The issue is clearly the rise of this blight bacteria that has made the groves less resilient to storms and has weakend production.

The meta reason is a missunderstanding of nature. Even the industry basically considers it a tamed beast of burden, while environmentalist usually consider it as a sort of gaia godess raped by industrial mankind. Nature is war and fast adaption of wha works. The trees war the grass for shade. And every mono culture, be they cloned crab or planted orchard, is a giant dice inviting disaster with every yearly throw. And on that scale adaption and transportation yields rewards for those animals and plants transporting anti-man properties fast. We are running a adveserial breeding program for anti-human critters. And when they exist, as they do and did in all places with longstanding human populations and agriculture- they take the invite on speed dial. We simply are dragged back into the eternal conflict. We always where a part of nature and this is how it feels like to be a part of that. Counter measures? Lets ask the statisticians.. anything that eats dice throws of the advesaries.
The Netherlands has been fighting nature for a thousand years. Inevitably one day we'll lose but it's a worthwhile endeavour.
How does that contradict the article? It seems like it supports it if those were the events which helped harm the previously-strong citrus industry - those storms are part of what hit at the peak, starting the decline.
Did you not see the article claim that the grove areas hadn't been hit by storms before/as big as some listed in the last decade?

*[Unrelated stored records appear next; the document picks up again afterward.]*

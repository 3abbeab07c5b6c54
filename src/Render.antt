-- ===== src/Render.antt =====
-- What a frame takes from the world: PlaygroundEngine/src/RenderExtraction.cpp and MeshCatalog.cpp.
-- The operations on `float` are arguments; a component's address leads to its value on the heap.
pub mod View
pub mod Meshes
pub mod Examples
use playground_engine.Base.{
  ℕ, Bool, Option, none, some, List, [], ◌∷◌, ◌++◌, ◌==◌, if◌then◌else◌, Text, text_eq, value_or,
  is_some,
}
use playground_engine.Ecs.{Entity, Ecs, try_get_component, get_components_with_entities}

-- A mesh handle is its index.
abbrev pub invalid_index : ℕ
invalid_index = 0

-- The `std::map` by path, which is only looked up.
abbrev pub MeshCatalog : Type 0
MeshCatalog = List (Text × ℕ)

unfoldable pub entry_of : Text → MeshCatalog → Option ℕ
entry_of path [] = none
entry_of path ((p, handle) ∷ rest) = if text_eq p path then some handle else entry_of path rest

unfoldable pub find_mesh : Text → MeshCatalog → ℕ
unfolding entry_of
find_mesh path catalog = value_or (entry_of path catalog) invalid_index

unfoldable pub contains_mesh : Text → MeshCatalog → Bool
unfolding entry_of
contains_mesh path catalog = is_some (entry_of path catalog)

unfoldable pub insert_mesh : Text → ℕ → MeshCatalog → MeshCatalog
insert_mesh path handle [] = (path, handle) ∷ []
insert_mesh path handle ((p, h) ∷ rest) =
    let later = insert_mesh path handle rest in
    if text_eq p path then (p, handle) ∷ rest else (p, h) ∷ later

pub record FloatOperations (F : Type 0) : Type 0 where
  pub less : F → F → Bool
  pub plus : F → F → F
  pub to_radians : F → F
  pub minimum_field_of_view_degrees : F
  pub maximum_field_of_view_degrees : F
  pub minimum_near_plane_distance : F
  pub minimum_plane_separation : F

pub record CameraComponent (F : Type 0) : Type 0 where
  pub vertical_field_of_view_degrees : F
  pub near_plane_distance : F
  pub far_plane_distance : F

-- `placement` is the position and the rotation.
pub record ExtractedView (F P : Type 0) : Type 0 where
  pub placement : P
  pub vertical_field_of_view_radians : F
  pub near_plane_distance : F
  pub far_plane_distance : F

pub record ExtractedMesh (P : Type 0) : Type 0 where
  pub mesh : ℕ
  pub placement : P

pub record ExtractedFrame (F P : Type 0) : Type 0 where
  pub view : ExtractedView F P
  pub meshes : List (ExtractedMesh P)

-- The store, the components on the heap and the addresses of the three `TypeInfo`s.
pub record Scene (F P : Type 0) : Type 0 where
  pub ecs : Ecs
  pub cameras : ℕ → CameraComponent F
  pub transforms : ℕ → P
  pub mesh_paths : ℕ → Text
  pub camera_type : ℕ
  pub transform_type : ℕ
  pub mesh_type : ℕ

module _ {F P : Type 0} (floats : FloatOperations F) (default_view : ExtractedView F P) where
  -- `std::max` and `std::clamp`, as the standard defines them.
  abbrev pub maximum : F → F → F
  maximum a b = if floats.less a b then b else a

  abbrev pub clamp : F → F → F → F
  clamp v low high = if floats.less v low then low else if floats.less high v then high else v

  unfoldable pub to_extracted_view : P → CameraComponent F → ExtractedView F P
  to_extracted_view placement camera =
      let near = maximum camera.near_plane_distance floats.minimum_near_plane_distance in
      record {
        placement = placement;
        vertical_field_of_view_radians = floats.to_radians (
            clamp camera.vertical_field_of_view_degrees floats.minimum_field_of_view_degrees
              floats.maximum_field_of_view_degrees);
        near_plane_distance = near;
        far_plane_distance =
            maximum camera.far_plane_distance (floats.plus near floats.minimum_plane_separation);
      }

  abbrev pub transform_of : Scene F P → Entity → Option ℕ
  transform_of world entity = try_get_component world.ecs world.transform_type entity

  -- The loop of `ExtractView`.
  unfoldable pub first_view : Scene F P → List (Entity × ℕ) → ExtractedView F P
  first_view world [] = default_view
  first_view world ((entity, camera) ∷ rest) = elim (transform_of world entity) [
    | none ↦ first_view world rest
    | some transform ↦ to_extracted_view (world.transforms transform) (world.cameras camera)
  ]

  unfoldable pub extract_view : Scene F P → ExtractedView F P
  unfolding first_view
  extract_view world = first_view world (get_components_with_entities world.ecs world.camera_type)

  abbrev pub placed : Scene F P → ℕ → Option ℕ → List (ExtractedMesh P)
  placed world handle none = []
  placed world handle (some transform) =
      (record { mesh = handle; placement = world.transforms transform }) ∷ []

  -- The loop of `ExtractMeshes`.
  unfoldable pub push_meshes : Scene F P → MeshCatalog → List (Entity × ℕ) → List (ExtractedMesh P)
  push_meshes world catalog [] = []
  push_meshes world catalog ((entity, mesh) ∷ rest) =
      let handle = find_mesh (world.mesh_paths mesh) catalog in
      let later = push_meshes world catalog rest in
      if handle == invalid_index
      then later
      else placed world handle (transform_of world entity) ++ later

  -- Whatever the frame held is overwritten.
  unfoldable pub extract_frame : Scene F P → MeshCatalog → ExtractedFrame F P → ExtractedFrame F P
  unfolding extract_view push_meshes
  extract_frame world catalog frame = record {
    view = extract_view world;
    meshes = push_meshes world catalog (get_components_with_entities world.ecs world.mesh_type);
  }
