-- ===== src/Engine.antt =====
-- The engine's part between the store and the renderer: `Engine::SyncMeshCatalog` of
-- PlaygroundEngine/src/Engine.cpp. The renderer is what `acquire` says it is: it answers the handle
-- of a mesh that loads.
pub mod Step
pub mod Gathering
pub mod Ending
mod Examples
use playground_engine.Base.{
  subst, ap, text_eq, text_eq_iff, text_eq_refl, All, Bool-cases, inl, inr, ◌||◌, ◌≡◌, refl, arith,
  ℕ, ◌∙◌, sym, List, [], ◌∷◌, Option, none, some, Bool, true, false, Text, if◌then◌else◌, value_or,
  is_some, ◌==◌,
}
use playground_engine.Render.{entry_of, insert_mesh, contains_mesh, invalid_index, MeshCatalog}

-- A path that is inserted is there, and no other comes or goes.
contains-insert :
    (path other : Text) (handle : ℕ) (catalog : MeshCatalog)
    → contains_mesh other (insert_mesh path handle catalog)
      ≡ text_eq path other || contains_mesh other catalog
unfolding contains_mesh entry_of insert_mesh
contains-insert path other handle [] = ground arith
contains-insert path other handle ((p, h) ∷ rest) = elim (Bool-cases (text_eq p path)) [
  | inl e ↦
      let same : p ≡ path = (text_eq_iff p path).0 e in
      let tests : text_eq p other ≡ text_eq path other = ap (λ t. text_eq t other) same in
      ground (arith, e, tests)
  | inr e ↦ ground (arith, e, contains-insert path other handle rest)
]

known :
    {R : Type 0} (path other : Text) (s : R × MeshCatalog)
    → contains_mesh path s.1 ≡ true
    → contains_mesh other s.1 ≡ text_eq path other || contains_mesh other s.1
known path other s e = elim (Bool-cases (text_eq path other)) [
  | inl t ↦
      let held : contains_mesh other s.1 ≡ true =
        subst (λ x. contains_mesh x s.1 ≡ true) ((text_eq_iff path other).0 t) e in
      rw (t, held) refl
  | inr t ↦ rw t refl
]

module _ {R : Type 0} (acquire : Text → R → Option ℕ × R) where
  abbrev pub synced : Text → Option ℕ × R → MeshCatalog → R × MeshCatalog
  synced path (acquired, renderer) catalog =
      (renderer, insert_mesh path (value_or acquired invalid_index) catalog)

  -- One path.
  unfoldable pub sync_mesh : Text → R × MeshCatalog → R × MeshCatalog
  sync_mesh path s = if contains_mesh path s.1 then s else synced path (acquire path s.0) s.1

  -- The paths of the meshes of the store, in turn.
  unfoldable pub sync_mesh_catalog : List Text → R × MeshCatalog → R × MeshCatalog
  unfolding sync_mesh
  sync_mesh_catalog [] s = s
  sync_mesh_catalog (path ∷ paths) s = sync_mesh_catalog paths (sync_mesh path s)

  sync_mesh-contains :
      (path other : Text) (s : R × MeshCatalog)
      → contains_mesh other (sync_mesh path s).1 ≡ text_eq path other || contains_mesh other s.1
  unfolding sync_mesh
  sync_mesh-contains path other s = elim (Bool-cases (contains_mesh path s.1)) [
    | inl e ↦ rw e (known path other s e)
    | inr e ↦ rw e (contains-insert path other _ s.1)
  ]

  sync-keeps :
      (paths : List Text) (other : Text) (s : R × MeshCatalog)
      → contains_mesh other s.1 ≡ true
      → contains_mesh other (sync_mesh_catalog paths s).1 ≡ true
  unfolding sync_mesh_catalog
  sync-keeps [] other s e = e
  sync-keeps (path ∷ paths) other s e =
      sync-keeps paths other (sync_mesh path s) (ground (arith, sync_mesh-contains path other s))

  sync-contains :
      (paths : List Text) (s : R × MeshCatalog)
      → All (λ path. contains_mesh path (sync_mesh_catalog paths s).1 ≡ true) paths
  unfolding sync_mesh_catalog
  sync-contains [] s = tt
  sync-contains (path ∷ paths) s = (
    sync-keeps paths path (sync_mesh path s)
        (ground (arith, sync_mesh-contains path path s, text_eq_refl path)),
    sync-contains paths (sync_mesh path s),
  )

  sync-contained :
      (paths : List Text) (s : R × MeshCatalog)
      → All (λ path. contains_mesh path s.1 ≡ true) paths
      → sync_mesh_catalog paths s ≡ s
  unfolding sync_mesh_catalog sync_mesh
  sync-contained [] s a = refl
  sync-contained (path ∷ paths) s a = rw a.0 (sync-contained paths s a.1)

  -- Whatever meshes load, and also where some do not: once the paths were synced every one of them
  -- is in the catalog, and to sync them again acquires nothing and changes nothing, so that a path
  -- that cannot load is not tried again on every frame.
  pub sync_mesh_catalog_once :
      (paths : List Text) (s : R × MeshCatalog)
      → All (λ path. contains_mesh path (sync_mesh_catalog paths s).1 ≡ true) paths
        × (sync_mesh_catalog paths (sync_mesh_catalog paths s) ≡ sync_mesh_catalog paths s)
  sync_mesh_catalog_once paths s = (
    sync-contains paths s,
    sync-contained paths (sync_mesh_catalog paths s) (sync-contains paths s),
  )
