-- ===== src/WindowServer/Backend.antt =====
-- The event path of WindowServer/Backend/WindowServerBackend.GLFW.cpp: the callbacks that GLFW makes
-- while it polls, the pending batch, and the pump. The user pointer of the window says whether
-- there is a backend to append to; the clock's reading is an argument.
use playground_engine.Base.{
  ℕ, String, Bool, ◌==◌, not, ◌&&◌, Option, none, some, List, [], ◌∷◌, if◌then◌else◌,
}
use playground_engine.Events.{
  PlatformEvent, PlatformEventRecord, event_of, key_pressed, key_released, character_typed,
  pointer_moved, pointer_button_pressed, pointer_button_released, pointer_scrolled, focus_gained,
  focus_lost, window_resized, close_requested, append, append_all, clear,
}
use playground_engine.WindowServer.GlfwInput.{
  translate_glfw_key, translate_glfw_pointer_button, translate_glfw_modifiers,
  translate_glfw_lock_state,
}

-- The two `static_cast<float>`s are arguments.
pub record Conversions (F : Type 0) (D : Type 0) : Type 0 where
  pub zero_float : F
  pub of_double : D → F
  pub of_int : ℕ → F

-- One call that GLFW makes back. An `int` is its 32-bit pattern.
pub data Callback (D : Type 0) : Type 0 where
  key_changed : ℕ → ℕ → ℕ → ℕ → Callback D
  character : ℕ → Callback D
  cursor_position : D → D → Callback D
  pointer_button : ℕ → ℕ → ℕ → Callback D
  scroll : D → D → Callback D
  window_focus : ℕ → Callback D
  framebuffer_size : ℕ → ℕ → Callback D
  window_close : Callback D

module _ {F D : Type 0} (glfw : String → ℕ) (floats : Conversions F D) where
  open floats use {zero_float, of_double, of_int}

  -- `OnKey` drops an action that is none of the three.
  unfoldable pub on_key : ℕ → ℕ → ℕ → ℕ → Option (PlatformEvent F)
  on_key key scancode action modifiers =
      if not (action == glfw "GLFW_PRESS")
        && (not (action == glfw "GLFW_RELEASE") && not (action == glfw "GLFW_REPEAT"))
      then none
      else some
          (record (event_of zero_float
            (if action == glfw "GLFW_RELEASE" then key_released else key_pressed)) {
              code = translate_glfw_key glfw key;
              modifiers = translate_glfw_modifiers glfw modifiers;
              locks = translate_glfw_lock_state glfw modifiers;
              repeat = action == glfw "GLFW_REPEAT";
              token = scancode;
            })

  unfoldable pub on_pointer_button : ℕ → ℕ → ℕ → PlatformEvent F
  on_pointer_button button action modifiers =
      record (event_of zero_float (
        if action == glfw "GLFW_RELEASE"
        then pointer_button_released
        else pointer_button_pressed)) {
          code = translate_glfw_pointer_button glfw button;
          modifiers = translate_glfw_modifiers glfw modifiers;
          locks = translate_glfw_lock_state glfw modifiers;
        }

  -- The event that a callback appends, before it is stamped.
  unfoldable pub event_for : Callback D → Option (PlatformEvent F)
  unfolding on_key on_pointer_button
  event_for (key_changed k scancode action modifiers) = on_key k scancode action modifiers
  event_for (character codepoint) =
      some (record (event_of zero_float character_typed) { codepoint = codepoint })
  event_for (cursor_position x y) =
      some (record (event_of zero_float pointer_moved) { x = of_double x; y = of_double y })
  event_for (pointer_button button action modifiers) =
      some (on_pointer_button button action modifiers)
  event_for (scroll x y) =
      some (record (event_of zero_float pointer_scrolled) { x = of_double x; y = of_double y })
  event_for (window_focus focused) =
      some (event_of zero_float (if focused == glfw "GLFW_TRUE" then focus_gained else focus_lost))
  event_for (framebuffer_size width height) =
      some (record (event_of zero_float window_resized) { x = of_int width; y = of_int height })
  event_for window_close = some (event_of zero_float close_requested)

-- `AppendEvent`: nothing without a user pointer, else the event with the clock's reading.
unfoldable pub append_event :
    {F : Type 0} → Bool → ℕ → PlatformEvent F → PlatformEventRecord F → PlatformEventRecord F
append_event has_backend now event pending =
    if has_backend then append (record event { timestamp = now }) pending else pending

module _ {F D : Type 0} (glfw : String → ℕ) (floats : Conversions F D) (has_backend : Bool) where
  unfoldable pub dispatch : ℕ → Callback D → PlatformEventRecord F → PlatformEventRecord F
  dispatch now callback pending = elim (event_for glfw floats callback) [
    | none ↦ pending
    | some event ↦ append_event has_backend now event pending
  ]

  -- `glfwPollEvents` makes the callbacks in order, each with its own reading of the clock.
  unfoldable pub poll_events : List (ℕ × Callback D) → PlatformEventRecord F → PlatformEventRecord F
  poll_events [] pending = pending
  poll_events ((now, callback) ∷ rest) pending = poll_events rest (dispatch now callback pending)

  -- `Pump`: the frame's record and the pending batch after it.
  unfoldable pub pump :
      List (ℕ × Callback D)
      → PlatformEventRecord F
      → PlatformEventRecord F
      → PlatformEventRecord F × PlatformEventRecord F
  pump callbacks pending r =
      let polled = poll_events callbacks pending in (append_all polled.events r, clear polled)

Just not true with their phrasing.

edit:

for clarity, the author referenced 2017+ vintage hurricanes as if nothing of their intensity had hit before: Irma (2017), Ian (2022), Idalia (2023), Helene (2024), and Milton (2024). None of these got beyond cat 4. Meanwhile there were certainly other hurricanes that were cat4 that hit the groves in 2004-05.

Native Floridian here... although the story does not mention it central FL was hit in 2004 by hurricanes Charley, Frances and Jeanne, and in 2005 was affected by Hurricane Wilma as well. Before that you have to go back to the 1940s before inland central Florida was affected by hurricane force winds. I think the article left that out for editorial reasons, the recent hurricanes in the past few years the article mentions really contributed to the final demise of the orange industry.

And yes, you used to be able to go outside at night in March and April smell the beautiful scent of the orange blossoms. It is certainly something of "Old Florida" that I miss.

Regardless of the debate of whether climate change has intensified hurricanes, it seems odd to blame hurricanes for being a vector for spreading the bugs. Wouldn't the bugs have spread via wind even if it wasn't climate change induced hurricane winds?
The hurricanes spread the insects rapidly over a very large area, within a few days. With so many hurricanes coming so frequently the areal coverage overwhelmed what could have been a response.
Do you really believe parts of Florida never got hurricanes until recently?
To be charitable, they merely pointed out what the article said, even if it is obviously, objectively false.
It's not objectively false, people just can't read.

> the high-caliber hurricanes that, before climate change, didn’t come to the Ridge

You're making the parent's point.

These recent storms only got to Cat4.

Similar storms hit the aforementioned areas in 2004-05 including Cat4.

How do these revelations not contradict the article?

I have no idea what Florida's weather patterns are
Yes, people are jumping in because neither did the author, and it seems like that's core to the author's argument.